-- Try it --
For this exercise, repeat the records below exactly as written.

[Stored data]
__________________________________________________
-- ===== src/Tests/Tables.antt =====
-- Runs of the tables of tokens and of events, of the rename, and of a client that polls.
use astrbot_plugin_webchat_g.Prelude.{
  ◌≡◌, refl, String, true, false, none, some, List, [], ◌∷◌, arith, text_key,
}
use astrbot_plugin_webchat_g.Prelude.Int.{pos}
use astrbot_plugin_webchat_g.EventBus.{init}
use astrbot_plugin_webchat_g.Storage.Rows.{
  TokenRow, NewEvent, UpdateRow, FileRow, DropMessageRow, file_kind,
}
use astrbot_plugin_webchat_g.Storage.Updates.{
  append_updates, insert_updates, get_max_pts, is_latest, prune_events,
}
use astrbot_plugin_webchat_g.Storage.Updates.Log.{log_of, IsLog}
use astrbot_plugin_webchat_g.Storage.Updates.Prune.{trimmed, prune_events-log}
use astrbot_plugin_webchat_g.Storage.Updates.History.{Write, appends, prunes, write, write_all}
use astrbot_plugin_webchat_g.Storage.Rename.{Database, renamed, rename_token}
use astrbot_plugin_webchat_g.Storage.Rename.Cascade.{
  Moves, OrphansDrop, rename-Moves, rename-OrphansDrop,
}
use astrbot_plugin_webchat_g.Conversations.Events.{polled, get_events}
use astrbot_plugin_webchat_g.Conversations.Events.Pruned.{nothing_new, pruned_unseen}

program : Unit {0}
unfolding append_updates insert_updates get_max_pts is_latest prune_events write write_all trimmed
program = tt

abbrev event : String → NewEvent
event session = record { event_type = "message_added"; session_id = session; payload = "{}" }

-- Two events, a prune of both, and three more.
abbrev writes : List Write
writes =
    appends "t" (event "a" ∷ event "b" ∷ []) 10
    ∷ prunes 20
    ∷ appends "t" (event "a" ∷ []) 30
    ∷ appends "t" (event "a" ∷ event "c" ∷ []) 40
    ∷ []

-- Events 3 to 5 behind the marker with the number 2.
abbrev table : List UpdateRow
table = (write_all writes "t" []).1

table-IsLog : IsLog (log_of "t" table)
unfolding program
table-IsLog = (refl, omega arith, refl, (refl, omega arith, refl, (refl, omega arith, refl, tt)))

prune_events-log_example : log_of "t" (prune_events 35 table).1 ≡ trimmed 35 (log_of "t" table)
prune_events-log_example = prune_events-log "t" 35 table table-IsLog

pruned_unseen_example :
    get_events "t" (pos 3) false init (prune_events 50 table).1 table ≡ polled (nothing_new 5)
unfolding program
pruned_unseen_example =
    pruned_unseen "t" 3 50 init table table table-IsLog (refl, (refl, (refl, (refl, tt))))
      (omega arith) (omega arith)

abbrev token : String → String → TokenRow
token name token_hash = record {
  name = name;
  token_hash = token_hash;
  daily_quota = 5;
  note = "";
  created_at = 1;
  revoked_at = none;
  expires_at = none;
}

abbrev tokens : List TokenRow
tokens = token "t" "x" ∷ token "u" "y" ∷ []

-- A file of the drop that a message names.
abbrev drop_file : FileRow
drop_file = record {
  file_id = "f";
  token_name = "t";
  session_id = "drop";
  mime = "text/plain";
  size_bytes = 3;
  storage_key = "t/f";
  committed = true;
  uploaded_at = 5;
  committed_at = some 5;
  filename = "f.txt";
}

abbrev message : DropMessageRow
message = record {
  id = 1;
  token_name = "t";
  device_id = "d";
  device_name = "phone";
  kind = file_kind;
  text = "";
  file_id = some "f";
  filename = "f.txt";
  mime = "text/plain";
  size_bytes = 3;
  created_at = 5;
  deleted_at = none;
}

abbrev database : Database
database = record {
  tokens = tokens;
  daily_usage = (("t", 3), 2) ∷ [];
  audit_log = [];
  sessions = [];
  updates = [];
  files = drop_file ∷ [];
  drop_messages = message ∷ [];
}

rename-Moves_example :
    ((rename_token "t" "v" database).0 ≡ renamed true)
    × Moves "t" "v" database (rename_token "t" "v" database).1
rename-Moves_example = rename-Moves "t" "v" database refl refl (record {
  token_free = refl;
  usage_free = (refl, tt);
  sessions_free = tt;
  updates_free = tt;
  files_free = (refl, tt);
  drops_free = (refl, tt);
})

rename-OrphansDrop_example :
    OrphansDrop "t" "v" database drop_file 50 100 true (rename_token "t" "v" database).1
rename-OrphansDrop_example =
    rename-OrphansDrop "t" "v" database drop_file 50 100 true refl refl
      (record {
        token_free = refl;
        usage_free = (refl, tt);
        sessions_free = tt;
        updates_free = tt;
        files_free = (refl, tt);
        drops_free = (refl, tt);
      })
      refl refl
__________________________________________________
-- Task result --
-- ===== src/Tests/Tables.antt =====
-- Runs of the tables of tokens and of events, of the rename, and of a client that polls.
use astrbot_plugin_webchat_g.Prelude.{
  ◌≡◌, refl, String, true, false, none, some, List, [], ◌∷◌, arith, text_key,
}
use astrbot_plugin_webchat_g.Prelude.Int.{pos}
use astrbot_plugin_webchat_g.EventBus.{init}
use astrbot_plugin_webchat_g.Storage.Rows.{
  TokenRow, NewEvent, UpdateRow, FileRow, DropMessageRow, file_kind,
}
use astrbot_plugin_webchat_g.Storage.Updates.{
  append_updates, insert_updates, get_max_pts, is_latest, prune_events,
}
use astrbot_plugin_webchat_g.Storage.Updates.Log.{log_of, IsLog}
use astrbot_plugin_webchat_g.Storage.Updates.Prune.{trimmed, prune_events-log}
use astrbot_plugin_webchat_g.Storage.Updates.History.{Write, appends, prunes, write, write_all}
use astrbot_plugin_webchat_g.Storage.Rename.{Database, renamed, rename_token}
use astrbot_plugin_webchat_g.Storage.Rename.Cascade.{
  Moves, OrphansDrop, rename-Moves, rename-OrphansDrop,
}
use astrbot_plugin_webchat_g.Conversations.Events.{polled, get_events}
use astrbot_plugin_webchat_g.Conversations.Events.Pruned.{nothing_new, pruned_unseen}

program : Unit {0}
unfolding append_updates insert_updates get_max_pts is_latest prune_events write write_all trimmed
program = tt

abbrev event : String → NewEvent
event session = record { event_type = "message_added"; session_id = session; payload = "{}" }

-- Two events, a prune of both, and three more.
abbrev writes : List Write
writes =
    appends "t" (event "a" ∷ event "b" ∷ []) 10
    ∷ prunes 20
    ∷ appends "t" (event "a" ∷ []) 30
    ∷ appends "t" (event "a" ∷ event "c" ∷ []) 40
    ∷ []

-- Events 3 to 5 behind the marker with the number 2.
abbrev table : List UpdateRow
table = (write_all writes "t" []).1

table-IsLog : IsLog (log_of "t" table)
unfolding program
table-IsLog = (refl, omega arith, refl, (refl, omega arith, refl, (refl, omega arith, refl, tt)))

prune_events-log_example : log_of "t" (prune_events 35 table).1 ≡ trimmed 35 (log_of "t" table)
prune_events-log_example = prune_events-log "t" 35 table table-IsLog

pruned_unseen_example :
    get_events "t" (pos 3) false init (prune_events 50 table).1 table ≡ polled (nothing_new 5)
unfolding program
pruned_unseen_example =
    pruned_unseen "t" 3 50 init table table table-IsLog (refl, (refl, (refl, (refl, tt))))
      (omega arith) (omega arith)

abbrev token : String → String → TokenRow
token name token_hash = record {
  name = name;
  token_hash = token_hash;
  daily_quota = 5;
  note = "";
  created_at = 1;
  revoked_at = none;
  expires_at = none;
}

abbrev tokens : List TokenRow
tokens = token "t" "x" ∷ token "u" "y" ∷ []

-- A file of the drop that a message names.
abbrev drop_file : FileRow
drop_file = record {
  file_id = "f";
  token_name = "t";
  session_id = "drop";
  mime = "text/plain";
  size_bytes = 3;
  storage_key = "t/f";
  committed = true;
  uploaded_at = 5;
  committed_at = some 5;
  filename = "f.txt";
}

abbrev message : DropMessageRow
message = record {
  id = 1;
  token_name = "t";
  device_id = "d";
  device_name = "phone";
  kind = file_kind;
  text = "";
  file_id = some "f";
  filename = "f.txt";
  mime = "text/plain";
  size_bytes = 3;
  created_at = 5;
  deleted_at = none;
}

abbrev database : Database
database = record {
  tokens = tokens;
  daily_usage = (("t", 3), 2) ∷ [];
  audit_log = [];
  sessions = [];
  updates = [];
  files = drop_file ∷ [];
  drop_messages = message ∷ [];
}

rename-Moves_example :
    ((rename_token "t" "v" database).0 ≡ renamed true)
    × Moves "t" "v" database (rename_token "t" "v" database).1
rename-Moves_example = rename-Moves "t" "v" database refl refl (record {
  token_free = refl;
  usage_free = (refl, tt);
  sessions_free = tt;
  updates_free = tt;
  files_free = (refl, tt);
  drops_free = (refl, tt);
})

rename-OrphansDrop_example :
    OrphansDrop "t" "v" database drop_file 50 100 true (rename_token "t" "v" database).1
rename-OrphansDrop_example =
    rename-OrphansDrop "t" "v" database drop_file 50 100 true refl refl
      (record {
        token_free = refl;
        usage_free = (refl, tt);
        sessions_free = tt;
        updates_free = tt;
        files_free = (refl, tt);
        drops_free = (refl, tt);
      })
      refl refl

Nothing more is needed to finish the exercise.